*ACTIVITY*
An answer that reproduces all the entries exactly is what is needed.

****

-- ===== src/Plan/Repair/Laws.antt =====
-- What app/projection-repair-pr-plan.ts plans to change, and what it holds back.
use mathlib.Core.Path.{subst}
use mathlib.Core.List.{Memᴰ}
use text.Mathlib.TextEquality.{starts_with_iff}
use admissorium.Prelude.{
  String, Bool, ◌==◌, ◌||◌, ◌⊎◌, inl, inr, refl, List, [], ◌∷◌, any, starts_with, eq_iff,
  Bool-cases, ◌≡◌, sym, ◌↔◌, true, false, not, map, arith, select, mem-select, select-mem, mem-map,
  map-mem,
}
use admissorium.Text.{◌⧺◌}
use admissorium.Js.{Value, str}
use admissorium.Report.{AdmissibilityReport, Finding, yellow}
use admissorium.Plan.{Printer}
use admissorium.Plan.Repair.{
  RepairPlanInput, Change, is_protected_surface, is_projection_repair_finding, to_change,
  repairable, build_repair_plan,
}

-- The directories of truth, in which nothing is repaired.
abbrev truth_directories : List String
truth_directories =
    "law" ∷ "freeze" ∷ "epochs/current" ∷ "current" ∷ "authorities/current" ∷ "receipts/current"
    ∷ "verification/results/current" ∷ "recognitions/current" ∷ "claims/current"
    ∷ "continuity/current" ∷ "transfer/current" ∷ []

-- The surface is one of these directories, or lies below one.
abbrev pub IsTruth : String → Type 0
IsTruth surface =
    (directory : String) × Memᴰ directory truth_directories
    × ((surface ≡ directory) ⊎ ((rest : String) × ((directory ⧺ "/") ⧺ rest ≡ surface)))

-- The report lists a yellow finding that may be fixed automatically.
abbrev pub IsEligible : AdmissibilityReport → Finding → Type 0
IsEligible report f = Memᴰ f report.findings × (f.severity ≡ yellow) × (f.autofix_allowed ≡ true)

abbrev evidence : Printer → Value → String
evidence printer (str s) = s
evidence printer v = printer.stringify v

-- the change that tells of a finding
abbrev pub told : Printer → Finding → Change
told printer f = record {
  finding_id = f.finding_id;
  repo = f.repo;
  surface = f.surface;
  invariant = f.invariant;
  expected = evidence printer f.expected;
  observed = evidence printer f.observed;
  recommended_action = f.recommended_action;
}

any_iff :
    {A : Type 0} (test : A → Bool) (P : A → Type 0)
    → ((x : A) → (test x ≡ true) ↔ P x)
    → (xs : List A) → (any test xs ≡ true) ↔ ((x : A) × Memᴰ x xs × P x)
any_iff test P iff [] = ((λ h. absurd (ground arith)), (λ h. elim h.1 [ ]))
any_iff test P iff (x ∷ xs) =
    let rest = any_iff test P iff xs in
    (
      (λ h. elim (Bool-cases (test x)) [
        | inl hit ↦ (x, Memᴰ.head refl, (iff x).0 hit)
        | inr miss ↦ let (y, listed, holds) = rest.0 (ground arith) in (y, Memᴰ.tail listed, holds)
      ]),
      (λ h.
          let (y, listed, holds) = h in
          elim listed [
            | Memᴰ.head same ↦ let hit = (iff x).1 (subst P same holds) in ground arith
            | Memᴰ.tail later ↦ let hit = rest.1 (y, later, holds) in ground arith
          ]),
    )

covers_iff :
    (surface directory : String)
    → ((surface == directory || starts_with surface (directory ⧺ "/")) ≡ true)
      ↔ ((surface ≡ directory) ⊎ ((rest : String) × ((directory ⧺ "/") ⧺ rest ≡ surface)))
covers_iff surface directory =
    let below = starts_with_iff surface (directory ⧺ "/") in
    (
      (λ h. elim (Bool-cases (surface == directory)) [
        | inl same ↦ inl ((eq_iff surface directory).0 same)
        | inr other ↦ inr (below.0 (ground arith))
      ]),
      (λ h. elim h [
        | inl same ↦ let here = (eq_iff surface directory).1 same in ground arith
        | inr under ↦ let hit = below.1 under in ground arith
      ]),
    )

-- A surface is protected exactly if it is, or lies below, a directory of truth.
pub is_protected_surface_iff :
    (surface : String) → (is_protected_surface surface ≡ true) ↔ IsTruth surface
unfolding is_protected_surface
is_protected_surface_iff surface = any_iff _ _ (covers_iff surface) truth_directories

pub is_protected_surface-not_iff :
    (surface : String) → (is_protected_surface surface ≡ false) ↔ (¬ IsTruth surface)
is_protected_surface-not_iff surface =
    let iff = is_protected_surface_iff surface in
    (
      (λ h truth. let hit = iff.1 truth in ground arith),
      (λ outside. elim (Bool-cases (is_protected_surface surface)) [
        | inl hit ↦ absurd (outside (iff.0 hit))
        | inr miss ↦ miss
      ]),
    )

eligible_iff :
    (f : Finding)
    → (is_projection_repair_finding f ≡ true) ↔ ((f.severity ≡ yellow) × (f.autofix_allowed ≡ true))
unfolding is_projection_repair_finding
eligible_iff f = ground arith

-- A list of changes for those of the repairable findings that pass a test.
part_iff :
    (printer : Printer) (report : AdmissibilityReport) (test : Finding → Bool)
    (P : Finding → Type 0) (change : Change)
    → ((f : Finding) → (test f ≡ true) ↔ P f)
    → Memᴰ change (map (to_change printer) (select test (repairable report)))
      ↔ ((f : Finding) × IsEligible report f × P f × (change ≡ told printer f))
unfolding to_change
part_iff printer report test P change iff = (
  (λ m.
      let (f, kept, made) =
        mem-map (to_change printer) change (select test (repairable report)) m in
      let (repaired, passed) = mem-select test f (repairable report) kept in
      let (listed, is_repair) =
        mem-select is_projection_repair_finding f report.findings repaired in
      let (is_yellow, fixable) = (eligible_iff f).0 is_repair in
      (f, (listed, is_yellow, fixable), (iff f).0 passed, made)),
  (λ h.
      let (f, (listed, is_yellow, fixable), holds, made) = h in
      let repaired =
        select-mem is_projection_repair_finding f report.findings listed
          ((eligible_iff f).1 (is_yellow, fixable)) in
      let kept = select-mem test f (repairable report) repaired ((iff f).1 holds) in
      subst (λ c. Memᴰ c (map (to_change printer) (select test (repairable report)))) (sym made)
        (map-mem (to_change printer) f (select test (repairable report)) kept)),
)

-- The changes that a plan proposes tell of exactly the yellow findings of the report that may be fixed
-- automatically and whose surface neither is nor lies below a directory of truth, and those that it
-- holds back of exactly the ones whose surface is or does; each tells the finding's own evidence.
pub build_repair_plan-parts_iff :
    (printer : Printer) (input : RepairPlanInput) (change : Change)
    → (Memᴰ change (build_repair_plan printer input).changes ↔ (
        (f : Finding) × IsEligible input.report f
        × (¬ IsTruth f.surface)
        × (change ≡ told printer f)))
      × (Memᴰ change (build_repair_plan printer input).blocked_findings ↔ (
          (f : Finding) × IsEligible input.report f
          × IsTruth f.surface
          × (change ≡ told printer f)))
unfolding build_repair_plan
build_repair_plan-parts_iff printer input change = (
  part_iff printer input.report (λ f. not (is_protected_surface f.surface))
      (λ f. ¬ IsTruth f.surface) change
      (λ f.
        let outside = is_protected_surface-not_iff f.surface in
        ((λ h. outside.0 (ground arith)), (λ h. let miss = outside.1 h in ground arith))),
  part_iff printer input.report (λ f. is_protected_surface f.surface) (λ f. IsTruth f.surface)
      change (λ f. is_protected_surface_iff f.surface),
)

****

*EXERCISE RESULT*
-- ===== src/Plan/Repair/Laws.antt =====
-- What app/projection-repair-pr-plan.ts plans to change, and what it holds back.
use mathlib.Core.Path.{subst}
use mathlib.Core.List.{Memᴰ}
use text.Mathlib.TextEquality.{starts_with_iff}
use admissorium.Prelude.{
  String, Bool, ◌==◌, ◌||◌, ◌⊎◌, inl, inr, refl, List, [], ◌∷◌, any, starts_with, eq_iff,
  Bool-cases, ◌≡◌, sym, ◌↔◌, true, false, not, map, arith, select, mem-select, select-mem, mem-map,
  map-mem,
}
use admissorium.Text.{◌⧺◌}
use admissorium.Js.{Value, str}
use admissorium.Report.{AdmissibilityReport, Finding, yellow}
use admissorium.Plan.{Printer}
use admissorium.Plan.Repair.{
  RepairPlanInput, Change, is_protected_surface, is_projection_repair_finding, to_change,
  repairable, build_repair_plan,
}

-- The directories of truth, in which nothing is repaired.
abbrev truth_directories : List String
truth_directories =
    "law" ∷ "freeze" ∷ "epochs/current" ∷ "current" ∷ "authorities/current" ∷ "receipts/current"
    ∷ "verification/results/current" ∷ "recognitions/current" ∷ "claims/current"
    ∷ "continuity/current" ∷ "transfer/current" ∷ []

-- The surface is one of these directories, or lies below one.
abbrev pub IsTruth : String → Type 0
IsTruth surface =
    (directory : String) × Memᴰ directory truth_directories
    × ((surface ≡ directory) ⊎ ((rest : String) × ((directory ⧺ "/") ⧺ rest ≡ surface)))

-- The report lists a yellow finding that may be fixed automatically.
abbrev pub IsEligible : AdmissibilityReport → Finding → Type 0
IsEligible report f = Memᴰ f report.findings × (f.severity ≡ yellow) × (f.autofix_allowed ≡ true)

abbrev evidence : Printer → Value → String
evidence printer (str s) = s
evidence printer v = printer.stringify v

-- the change that tells of a finding
abbrev pub told : Printer → Finding → Change
told printer f = record {
  finding_id = f.finding_id;
  repo = f.repo;
  surface = f.surface;
  invariant = f.invariant;
  expected = evidence printer f.expected;
  observed = evidence printer f.observed;
  recommended_action = f.recommended_action;
}

any_iff :
    {A : Type 0} (test : A → Bool) (P : A → Type 0)
    → ((x : A) → (test x ≡ true) ↔ P x)
    → (xs : List A) → (any test xs ≡ true) ↔ ((x : A) × Memᴰ x xs × P x)
any_iff test P iff [] = ((λ h. absurd (ground arith)), (λ h. elim h.1 [ ]))
any_iff test P iff (x ∷ xs) =
    let rest = any_iff test P iff xs in
    (
      (λ h. elim (Bool-cases (test x)) [
        | inl hit ↦ (x, Memᴰ.head refl, (iff x).0 hit)
        | inr miss ↦ let (y, listed, holds) = rest.0 (ground arith) in (y, Memᴰ.tail listed, holds)
      ]),
      (λ h.
          let (y, listed, holds) = h in
          elim listed [
            | Memᴰ.head same ↦ let hit = (iff x).1 (subst P same holds) in ground arith
            | Memᴰ.tail later ↦ let hit = rest.1 (y, later, holds) in ground arith
          ]),
    )

covers_iff :
    (surface directory : String)
    → ((surface == directory || starts_with surface (directory ⧺ "/")) ≡ true)
      ↔ ((surface ≡ directory) ⊎ ((rest : String) × ((directory ⧺ "/") ⧺ rest ≡ surface)))
covers_iff surface directory =
    let below = starts_with_iff surface (directory ⧺ "/") in
    (
      (λ h. elim (Bool-cases (surface == directory)) [
        | inl same ↦ inl ((eq_iff surface directory).0 same)
        | inr other ↦ inr (below.0 (ground arith))
      ]),
      (λ h. elim h [
        | inl same ↦ let here = (eq_iff surface directory).1 same in ground arith
        | inr under ↦ let hit = below.1 under in ground arith
      ]),
    )

-- A surface is protected exactly if it is, or lies below, a directory of truth.
pub is_protected_surface_iff :
    (surface : String) → (is_protected_surface surface ≡ true) ↔ IsTruth surface
unfolding is_protected_surface
is_protected_surface_iff surface = any_iff _ _ (covers_iff surface) truth_directories

pub is_protected_surface-not_iff :
    (surface : String) → (is_protected_surface surface ≡ false) ↔ (¬ IsTruth surface)
is_protected_surface-not_iff surface =
    let iff = is_protected_surface_iff surface in
    (
      (λ h truth. let hit = iff.1 truth in ground arith),
      (λ outside. elim (Bool-cases (is_protected_surface surface)) [
        | inl hit ↦ absurd (outside (iff.0 hit))
        | inr miss ↦ miss
      ]),
    )

eligible_iff :
    (f : Finding)
    → (is_projection_repair_finding f ≡ true) ↔ ((f.severity ≡ yellow) × (f.autofix_allowed ≡ true))
unfolding is_projection_repair_finding
eligible_iff f = ground arith

-- A list of changes for those of the repairable findings that pass a test.
part_iff :
    (printer : Printer) (report : AdmissibilityReport) (test : Finding → Bool)
    (P : Finding → Type 0) (change : Change)
    → ((f : Finding) → (test f ≡ true) ↔ P f)
    → Memᴰ change (map (to_change printer) (select test (repairable report)))
      ↔ ((f : Finding) × IsEligible report f × P f × (change ≡ told printer f))
unfolding to_change
part_iff printer report test P change iff = (
  (λ m.
      let (f, kept, made) =
        mem-map (to_change printer) change (select test (repairable report)) m in
      let (repaired, passed) = mem-select test f (repairable report) kept in
      let (listed, is_repair) =
        mem-select is_projection_repair_finding f report.findings repaired in
      let (is_yellow, fixable) = (eligible_iff f).0 is_repair in
      (f, (listed, is_yellow, fixable), (iff f).0 passed, made)),
  (λ h.
      let (f, (listed, is_yellow, fixable), holds, made) = h in
      let repaired =
        select-mem is_projection_repair_finding f report.findings listed
          ((eligible_iff f).1 (is_yellow, fixable)) in
      let kept = select-mem test f (repairable report) repaired ((iff f).1 holds) in
      subst (λ c. Memᴰ c (map (to_change printer) (select test (repairable report)))) (sym made)
        (map-mem (to_change printer) f (select test (repairable report)) kept)),
)

-- The changes that a plan proposes tell of exactly the yellow findings of the report that may be fixed
-- automatically and whose surface neither is nor lies below a directory of truth, and those that it
-- holds back of exactly the ones whose surface is or does; each tells the finding's own evidence.
pub build_repair_plan-parts_iff :
    (printer : Printer) (input : RepairPlanInput) (change : Change)
    → (Memᴰ change (build_repair_plan printer input).changes ↔ (
        (f : Finding) × IsEligible input.report f
        × (¬ IsTruth f.surface)
        × (change ≡ told printer f)))
      × (Memᴰ change (build_repair_plan printer input).blocked_findings ↔ (
          (f : Finding) × IsEligible input.report f
          × IsTruth f.surface
          × (change ≡ told printer f)))
unfolding build_repair_plan
build_repair_plan-parts_iff printer input change = (
  part_iff printer input.report (λ f. not (is_protected_surface f.surface))
      (λ f. ¬ IsTruth f.surface) change
      (λ f.
        let outside = is_protected_surface-not_iff f.surface in
        ((λ h. outside.0 (ground arith)), (λ h. let miss = outside.1 h in ground arith))),
  part_iff printer input.report (λ f. is_protected_surface f.surface) (λ f. IsTruth f.surface)
      change (λ f. is_protected_surface_iff f.surface),
)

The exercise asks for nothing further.